Arman sontak melotot, menegakkan tubuhnya sambil memegang helm proyek.
“Ngomong apa kamu, Man! Jangan asal, nanti kudorong ke lubang pondasi sekalian!”
Usman malah tertawa terbahak-bahak, membuat beberapa pekerja yang mendengar ikut nyengir.
“Ya ampun, Pak. Saya kan cuma bercanda. Tapi serius deh, kemarin malam saya aja sampai nggak bisa tidur mikirnya. Eh, tahu-tahu bapak udah jadi suami orang!”
Arman menghela napas panjang, kemudian duduk di atas tumpukan kayu. “Aku aja masih nggak nyangka, Man. Kalau diingat lagi, rasanya kayak mimpi. Tapi ya sudahlah, semua sudah terjadi.”
Usman ikut duduk di sebelahnya. “Tapi saya kasihan sama Mbak Indira, Pak.

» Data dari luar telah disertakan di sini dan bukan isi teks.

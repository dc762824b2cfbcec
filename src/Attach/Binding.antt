-- ===== src/Attach/Binding.antt =====
-- What `bind` of include/shmspsc/ShmSpscQueue.h makes of a handle, and `detach` of the slot.
use shm_spsc.Base.{
  ℕ, ◌<◌, ◌≤◌, ◌^◌, ◌≡◌, inl, inr, refl, sym, ap, Bool, true, false, ◌||◌, none, some, arith,
  Bool-cases, le→leb, gt→leb, List, [], ◌∷◌, ◌++◌, Option, length,
}
use shm_spsc.Base.Int.{ℤ, negsuc, is_positive}
use shm_spsc.Base.Results.{ok}
use shm_spsc.Layout.{Role, ControlBlock, Binary}
use shm_spsc.Ring.{Handle, Shared}
use shm_spsc.Ring.Invariant.{IsRing, IsWriter, IsReader}
use shm_spsc.Claim.{Kill, Attempt, Claimed, claim, own_pid, set_own_pid, give_back, exchange}
use shm_spsc.Claim.Run.{eq_int_self}
use shm_spsc.Attach.{
  bind, bind_result, load_members, detach, has, init_control, swap_with, move_from, wait_for_peer,
}

pub pair-inj : {a b : Handle × ControlBlock} → some (ok a) ≡ some (ok b) → a ≡ b
pair-inj e = cc

bind_result-seg :
    (role : Role) (self : ℤ) (h h' : Handle) (c c' : ControlBlock) (o : Option Claimed)
    → bind_result role self h c o ≡ some (ok (h', c'))
    → h'.seg ≡ h.seg
bind_result-seg role self h h' c c' none e = absurd (cc)
bind_result-seg role self h h' c c' (some Claimed.kept) e =
    sym (ap (λ (q : Handle × ControlBlock). q.0.seg) (pair-inj e))
bind_result-seg role self h h' c c' (some Claimed.stored) e =
    sym (ap (λ (q : Handle × ControlBlock). q.0.seg) (pair-inj e))
bind_result-seg role self h h' c c' (some (Claimed.refused pid)) e = absurd (cc)

-- `bind` leaves the segment of its handle alone.
pub bind-seg :
    (kill : Kill) (self : ℤ) (attempts : List Attempt) (role : Role) (h h' : Handle)
    (c later c' : ControlBlock)
    → bind kill self attempts role h c later ≡ some (ok (h', c'))
    → h'.seg ≡ h.seg
unfolding bind load_members
bind-seg kill self attempts role h h' c later c' e =
    bind_result-seg role self (load_members role h c) h' later c'
      (claim kill self attempts (own_pid role c)) e

-- The slots behind a control block that `create` has written hold an empty ring.
pub init-IsRing {ℓ} :
    {A : Type ℓ} (b : Binary) (n bytes : ℕ) (slots : List A)
    → 2 ≤ n
    → n ≤ 2 ^ 63
    → n ≤ length slots
    → IsRing (record { ctrl = init_control b n bytes; slots = slots })
unfolding init_control
init-IsRing b n bytes slots room small whole = record {
  room = room;
  small = small;
  whole = whole;
  write_in = omega arith;
  read_in = omega arith;
}

-- Both index caches of a handle are true to the ring, and it is bound in its role.
pub record IsBound (role : Role) (h : Handle) (c : ControlBlock) : Type 0 where
  pub writer : IsWriter h c
  pub reader : IsReader h c
  pub plays : h.role ≡ role
  pub bound : h.bound ≡ true

module _ {ℓ} {A : Type ℓ} (s : Shared A) (v : IsRing s) where
  fresh_member : (role : Role) (h : Handle) → Handle
  fresh_member role h = record (load_members role h s.ctrl) { bound = true }

  loaded-IsBound : (role : Role) (h : Handle) → IsBound role (fresh_member role h) s.ctrl
  unfolding load_members fresh_member
  loaded-IsBound role h = record {
    writer = record { same = refl; cache_in = v.read_in; stale = omega arith };
    reader = record { same = refl; cache_in = v.write_in; stale = omega arith };
    plays = refl;
    bound = refl;
  }

  -- A pid slot is no part of the ring.
  claimed-IsBound :
      (role : Role) (self : ℤ) (h : Handle)
      → IsBound role (fresh_member role h) (set_own_pid role self s.ctrl)
  unfolding load_members fresh_member
  claimed-IsBound Role.producer self h = record {
    writer = record { same = refl; cache_in = v.read_in; stale = omega arith };
    reader = record { same = refl; cache_in = v.write_in; stale = omega arith };
    plays = refl;
    bound = refl;
  }
  claimed-IsBound Role.consumer self h = record {
    writer = record { same = refl; cache_in = v.read_in; stale = omega arith };
    reader = record { same = refl; cache_in = v.write_in; stale = omega arith };
    plays = refl;
    bound = refl;
  }

  outcome-IsBound :
      (role : Role) (self : ℤ) (h h' : Handle) (c : ControlBlock) (o : Option Claimed)
      → bind_result role self (load_members role h s.ctrl) s.ctrl o ≡ some (ok (h', c))
      → IsBound role h' c
  unfolding fresh_member
  outcome-IsBound role self h h' c none e = absurd (cc)
  outcome-IsBound role self h h' c (some Claimed.kept) e =
      let p = pair-inj e in
      rw (sym (ap (λ q. q.0) p), sym (ap (λ q. q.1) p)) (loaded-IsBound role h)
  outcome-IsBound role self h h' c (some Claimed.stored) e =
      let p = pair-inj e in
      rw (sym (ap (λ q. q.0) p), sym (ap (λ q. q.1) p)) (claimed-IsBound role self h)
  outcome-IsBound role self h h' c (some (Claimed.refused pid)) e = absurd (cc)

  -- If `bind` returns on a sound ring, and no element has been pushed or popped since it began, then
  -- its handle may push and pop: it is bound, and both index caches are true to the ring.
  pub bind_lem :
      (kill : Kill) (self : ℤ) (attempts : List Attempt) (role : Role) (h h' : Handle)
      (c : ControlBlock)
      → bind kill self attempts role h s.ctrl s.ctrl ≡ some (ok (h', c))
      → IsBound role h' c
  unfolding bind
  bind_lem kill self attempts role h h' c e =
      outcome-IsBound role self h h' c (claim kill self attempts (own_pid role s.ctrl)) e

give_back_self : (self : ℤ) → give_back self self ≡ negsuc 0
unfolding give_back exchange
give_back_self self = rw (give_back, exchange, eq_int_self self) refl

-- `detach` of a bound handle whose process holds the slot of its role leaves -1 there, which the
-- next `bind` may take, and a handle with no queue; the ring stays as it is.
pub detach_lem :
    (self : ℤ) (h : Handle) (c : ControlBlock) (addr : ℕ)
    → h.ctrl ≡ some addr
    → h.bound ≡ true
    → own_pid h.role c ≡ self
    → ((detach self h c).1 ≡ set_own_pid h.role (negsuc 0) c)
      × ((detach self h c).0.ctrl ≡ none)
      × ((detach self h c).0.bound ≡ false)
unfolding detach
detach_lem self h c addr e bound own = rw (e, bound, own, give_back_self self) (refl, refl, refl)

-- A handle that is not bound, as after a refused `bind`, changes nothing by `detach`.
pub detach-unbound :
    (self : ℤ) (h : Handle) (c : ControlBlock) → h.bound ≡ false → (detach self h c).1 ≡ c
unfolding detach
detach-unbound self h c e = elim (Bool-cases (has h.ctrl)) [
  | inl there ↦ rw (there, e) refl
  | inr gone ↦ rw gone refl
]

-- After a move, the source is a handle with no queue, and its `detach` leaves the block as it is;
-- the new handle is the source.
pub move-detach :
    (self : ℤ) (o : Handle) (c : ControlBlock)
    → ((move_from o).0 ≡ o) × ((detach self (move_from o).1 c).1 ≡ c)
unfolding move_from swap_with detach
move-detach self o c = (refl, refl)

-- Every reading of the clock is before the deadline.
abbrev pub AllBefore : ℕ → List (ℤ × ℕ) → Type 0
AllBefore deadline [] = Unit
AllBefore deadline (o ∷ rest) = (o.1 < deadline) × AllBefore deadline rest

abbrev pub seen_peer : List (ℤ × ℕ) → Bool
seen_peer [] = false
seen_peer (o ∷ rest) = is_positive o.0 || seen_peer rest

-- `waitForPeer` ends no later than at its first reading of the clock past the deadline. By then it
-- returns true exactly when a reading of the slot, that one included, was the pid of a process.
pub wait_for_peer_lem :
    (deadline : ℕ) (before : List (ℤ × ℕ)) (last : ℤ × ℕ)
    → AllBefore deadline before
    → deadline ≤ last.1
    → wait_for_peer deadline (before ++ last ∷ []) ≡ some (seen_peer (before ++ last ∷ []))
unfolding wait_for_peer
wait_for_peer_lem deadline [] (p, now) early h = elim (Bool-cases (is_positive p)) [
  | inl up ↦ rw up refl
  | inr down ↦ rw (down, le→leb deadline now h) refl
]
wait_for_peer_lem deadline ((p, t) ∷ before) last (lt, early) h =
    elim (Bool-cases (is_positive p)) [
      | inl up ↦ rw up refl
      | inr down ↦ rw (down, gt→leb deadline t lt) (wait_for_peer_lem deadline before last early h)
    ]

Gadis sebaik itu harus nikahnya terpaksa.”
“Justru itu yang aku pikirin sejak tadi,” ujar Arman pelan. Ia menatap tanah di depannya. “Aku nggak mau dia merasa terpaksa hidup dengan orang asing seperti aku. Semalam aku udah bilang, aku nggak akan menuntut dia apa-apa. Biar semuanya berjalan apa adanya dulu.”
Usman mengangguk, menatap bosnya dengan rasa hormat. “Ya, bapak memang orang baik. Tapi jangan salah, kadang dari yang nggak direncanain justru jadi awal yang baik.”
Arman tersenyum tipis. “Mungkin benar juga. Tapi untuk sekarang, aku cuma ingin semuanya tenang dulu. Aku nggak mau bikin masalah lagi di desa ini. Kamu tahu sendiri, Dimas itu anak Lurah. Kalau dia dendam, bisa repot.”
“Ya, itu sih saya juga mikir gitu. Tampangnya aja udah kayak bom waktu. Tapi tenang aja, saya dan anak-anak di proyek siap jaga kalau ada apa-apa,” kata Usman penuh semangat.
Arman menepuk bahu bawahannya itu. “Makasih, Man. Tapi jangan terlalu cari gara-gara. Aku nggak mau proyek ini kena imbas karena masalah pribadi.”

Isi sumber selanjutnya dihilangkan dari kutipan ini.